# Introducing the new Boeing 777-X



## oldman (Nov 5, 2015)

The new Boeing Triple 7-X:


----------



## Ameriscot (Nov 5, 2015)

Looks great!  I love Emirates.  Hope we can fly on this.  We've been on the big double decker, but didn't get to go upstairs.


----------



## Ameriscot (Nov 5, 2015)

Here's an Emirates advert for the A380.


----------



## oldman (Nov 8, 2015)

Looks like a good place to join the "mile high club."


----------



## Ameriscot (Nov 8, 2015)

oldman said:


> Looks like a good place to join the "mile high club."



Actually Emirates does have some private rooms in first class in which the seats turn into a double bed.  And first class has showers.   For the bargain price of about $7,000 (Glasgow to Thailand).  I'll keep playing the lottery.


----------



## Ameriscot (Nov 8, 2015)

Oops.  Silly me.  That was a one way ticket.  So double it.


----------



## imp (Nov 8, 2015)

Oldman, greatly enjoyed the vid! Thank you! Airbus, Bah Humbug. Sorry. I like U.S.-built.   imp


----------



## oldman (Nov 9, 2015)

I have never flown an Airbus, not even in a simulator. However, from talking with the Airbus guys the main difference is the in the AP (autopilot), or so I am told. On Boeing, the pilots can over-ride the autopilot by just using the controls, much like driving on cruise control. You don't have to turn it off to brake or accelerate when on cruise control. The AP in Boeing works the same way. If the pilot wants to increase speed or slow the aircraft or even change the attitude of the plane, the pilot can do so without disengaging the AP. That's what I have been told and don't think anyone would be jiving me, but you never know in this business.

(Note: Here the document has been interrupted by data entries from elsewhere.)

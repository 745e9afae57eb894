-- ===== src/Msgpack.antt =====
-- core/src/websocket/msgpack.rs: the MessagePack codec.
-- A function that appends to `buf` returns the bytes that it appends.
pub mod Utf8
pub mod Encode
pub mod Decode
pub mod One
pub mod Meta
pub mod Scalars
pub mod Arrays
pub mod Classify
pub mod Wire
pub mod RoundTrip
pub mod Bounds
pub mod Accepts
mod Tests
use tarwyn.Base.{ℕ, Text}

pub data Error : Type 0 where
  unexpected_eof trailing_bytes : Error
  unsupported : ℕ → Error
  mixed_array not_an_array too_deep : Error
  wrong_array_len : ℕ → ℕ → Error
  not_an_integer : Error
  out_of_range : Text → Error
  invalid_utf8 : Error

-- `MAX_DEPTH`
abbrev pub max_depth : ℕ
max_depth = 16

I also wanted to mention that this new airplane has 23" expandable wings on it, which is designed to provide for more lift when in the air, which in turn will save on fuel.


----------



## Ameriscot (Nov 9, 2015)

imp said:


> Oldman, greatly enjoyed the vid! Thank you! Airbus, Bah Humbug. Sorry. I like U.S.-built.   imp



Why?  Are you under the impression that US built is superior?  You've obviously never been on the an Airbus.  They rock!


----------



## oldman (Nov 10, 2015)

I posted the following earlier, but for whatever reason, it did not publish, so here goes again.

I will not take up the argument of which plane is the better one. They both have their "better than" the other. However, I believe that any professional aviator would agree that the Boeing 747 started the whole jumbo revolution and has been the safest jet in the sky for the number of years that it has been flying.


----------



## imp (Nov 11, 2015)

Ameriscot said:


> Why? * Are you under the impression that US built is superior?*  You've obviously never been on the an Airbus.  They rock!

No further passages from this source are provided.